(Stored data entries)
※ ※ ※
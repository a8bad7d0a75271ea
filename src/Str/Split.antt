-- ===== src/Str/Split.antt =====
-- `string_split` cuts at every colon, whatever delimiter it is asked for.
use uvg_torrent.Base.{
  ℕ, ◌≤◌, ◌≡◌, refl, sym, ap, ◌∙◌, ◌||◌, ◌&&◌, fault, eq_of_==, Bool, true, false, inl, inr,
  Bool-cases, List, [], ◌∷◌, ◌++◌, arith, ◌==◌, ltb, if◌then◌else◌, length, length-append,
  append_assoc, append-nil, All, Run, ok,
}
use uvg_torrent.Libc.{CString}
use uvg_torrent.Str.{split_loop, split}

-- The reference: the pieces between the colons.
pub pieces_from : CString → CString → List CString
pieces_from buffer [] = buffer ∷ []
pieces_from buffer (c ∷ cs) =
    let here = buffer ∷ pieces_from [] cs in
    let more = pieces_from (buffer ++ c ∷ []) cs in if c == b':' then here else more

abbrev pub pieces : CString → List CString
pieces s = pieces_from [] s

pub join : List CString → CString
join [] = []
join (p ∷ []) = p
join (p ∷ q ∷ ps) = p ++ b':' ∷ join (q ∷ ps)

abbrev pub has_colon : CString → Bool
has_colon [] = false
has_colon (c ∷ cs) = c == b':' || has_colon cs

-- Every piece leaves room for a zero in the buffer of 256 bytes.
unfoldable pub all_short : List CString → Bool
all_short [] = true
all_short (p ∷ ps) = ltb (length p) 256 && all_short ps

long_piece : (cs buffer : CString) → 256 ≤ length buffer → all_short (pieces_from buffer cs) ≡ false
unfolding all_short pieces_from
long_piece [] buffer h = ground arith
long_piece (c ∷ cs) buffer h =
    ground (arith, long_piece cs (buffer ++ c ∷ []), length-append buffer (c ∷ []))

guarded : Bool → List CString → Run (List CString)
guarded b ps = if b then ok ps else fault

split_loop-pieces :
    (cs buffer : CString) (list : List CString)
    → length buffer ≤ 256
    → split_loop cs buffer list
      ≡ guarded (all_short (pieces_from buffer cs)) (list ++ pieces_from buffer cs)
unfolding split_loop pieces_from all_short guarded
split_loop-pieces [] buffer list h = ground arith
split_loop-pieces (c ∷ cs) buffer list h = elim (Bool-cases (c == b':')) [
  | inl colon ↦ rw colon (elim (Bool-cases (ltb (length buffer) 256)) [
    | inl short ↦
        rw
          (
            short,
            split_loop-pieces cs [] (list ++ buffer ∷ []) (omega arith),
            append_assoc list (buffer ∷ []) (pieces_from [] cs),
          )
          refl
    | inr long ↦ rw long refl
  ])
  | inr other ↦ rw other (elim (Bool-cases (ltb (length buffer) 256)) [
    | inl short ↦
        let room : length (buffer ++ c ∷ []) ≤ 256 =
          ground (arith, length-append buffer (c ∷ [])) in
        rw short (split_loop-pieces cs (buffer ++ c ∷ []) list room)
    | inr long ↦
        let over : 256 ≤ length (buffer ++ c ∷ []) =
          ground (arith, length-append buffer (c ∷ [])) in
        rw (long, long_piece cs (buffer ++ c ∷ []) over) refl
  ])
]

-- `split` gives the pieces between the colons, for every delimiter, and runs past its buffer
-- exactly when a piece has 256 characters or more.
pub split-pieces :
    (s : CString) (delimeter : ℕ)
    → split s delimeter ≡ (if all_short (pieces s) then ok (pieces s) else fault)
unfolding split guarded
split-pieces s delimeter = split_loop-pieces s [] [] (omega arith)

join-cons :
    (p : CString) (cs buffer : CString)
    → join (p ∷ pieces_from buffer cs) ≡ p ++ b':' ∷ join (pieces_from buffer cs)
unfolding join pieces_from
join-cons p [] buffer = refl
join-cons p (c ∷ cs) buffer = elim (Bool-cases (c == b':')) [
  | inl e ↦ rw e refl
  | inr e ↦ rw e (join-cons p cs (buffer ++ c ∷ []))
]

join-pieces_from : (cs buffer : CString) → join (pieces_from buffer cs) ≡ buffer ++ cs
unfolding pieces_from
join-pieces_from [] buffer = unfold join in sym (append-nil buffer)
join-pieces_from (c ∷ cs) buffer = elim (Bool-cases (c == b':')) [
  | inl e ↦
      rw (e, join-cons buffer cs [], join-pieces_from cs [])
        (ap (λ (t : ℕ). buffer ++ t ∷ cs) (sym (eq_of_== c b':' e)))
  | inr e ↦ rw (e, join-pieces_from cs (buffer ++ c ∷ [])) (append_assoc buffer (c ∷ []) cs)
]

has_colon-append : (a b : CString) → has_colon (a ++ b) ≡ (has_colon a || has_colon b)
has_colon-append [] b = refl
has_colon-append (c ∷ a) b = ground (arith, has_colon-append a b)

colon_free :
    (cs buffer : CString)
    → has_colon buffer ≡ false
    → All (λ p. has_colon p ≡ false) (pieces_from buffer cs)
unfolding pieces_from
colon_free [] buffer h = (h, tt)
colon_free (c ∷ cs) buffer h = elim (Bool-cases (c == b':')) [
  | inl e ↦ rw e (h, colon_free cs [] refl)
  | inr e ↦
      rw e (colon_free cs (buffer ++ c ∷ []) (rw (has_colon-append buffer (c ∷ []), h, e) refl))
]

-- Joined by colons the pieces of a `split` that returns are the input again, and no piece has a colon.
join-split :
    (s : CString) (delimeter : ℕ) (ps : List CString)
    → split s delimeter ≡ ok ps
    → (join ps ≡ s) × All (λ p. has_colon p ≡ false) ps
join-split s delimeter ps h =
    from_pieces (all_short (pieces s)) (sym (split-pieces s delimeter) ∙ h)
  where
    from_pieces :
        (b : Bool)
        → (if b then ok (pieces s) else fault) ≡ ok ps
        → (join ps ≡ s) × All (λ p. has_colon p ≡ false) ps
    from_pieces true e =
        let same : pieces s ≡ ps = cc in rw (← same) (join-pieces_from s [], colon_free s [] refl)
    from_pieces false e = cc

-- Text without a colon is kept in the buffer, up to the next colon or the end.
pub pieces_from-append :
    (a rest buffer : CString)
    → has_colon a ≡ false
    → pieces_from buffer (a ++ b':' ∷ rest) ≡ (buffer ++ a) ∷ pieces_from [] rest
unfolding pieces_from
pieces_from-append [] rest buffer free = ap (λ b. b ∷ pieces_from [] rest) (sym (append-nil buffer))
pieces_from-append (c ∷ a) rest buffer free = elim (Bool-cases (c == b':')) [
  | inl colon ↦ absurd (ground arith)
  | inr other ↦ rw other (
      pieces_from-append a rest (buffer ++ c ∷ []) (ground arith)
      ∙ ap (λ b. b ∷ pieces_from [] rest) (append_assoc buffer (c ∷ []) a))
]

pub pieces_from-end :
    (a buffer : CString) → has_colon a ≡ false → pieces_from buffer a ≡ (buffer ++ a) ∷ []
unfolding pieces_from
pieces_from-end [] buffer free = ap (λ b. b ∷ []) (sym (append-nil buffer))
pieces_from-end (c ∷ a) buffer free = elim (Bool-cases (c == b':')) [
  | inl colon ↦ absurd (ground arith)
  | inr other ↦ rw other (
      pieces_from-end a (buffer ++ c ∷ []) (ground arith)
      ∙ ap (λ b. b ∷ []) (append_assoc buffer (c ∷ []) a))
]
※ ※ ※
*BRIEF*
For every line of the records with the string "over", add one to a tally; give the final tally alone.

*RESULT OF THIS EXERCISE*
2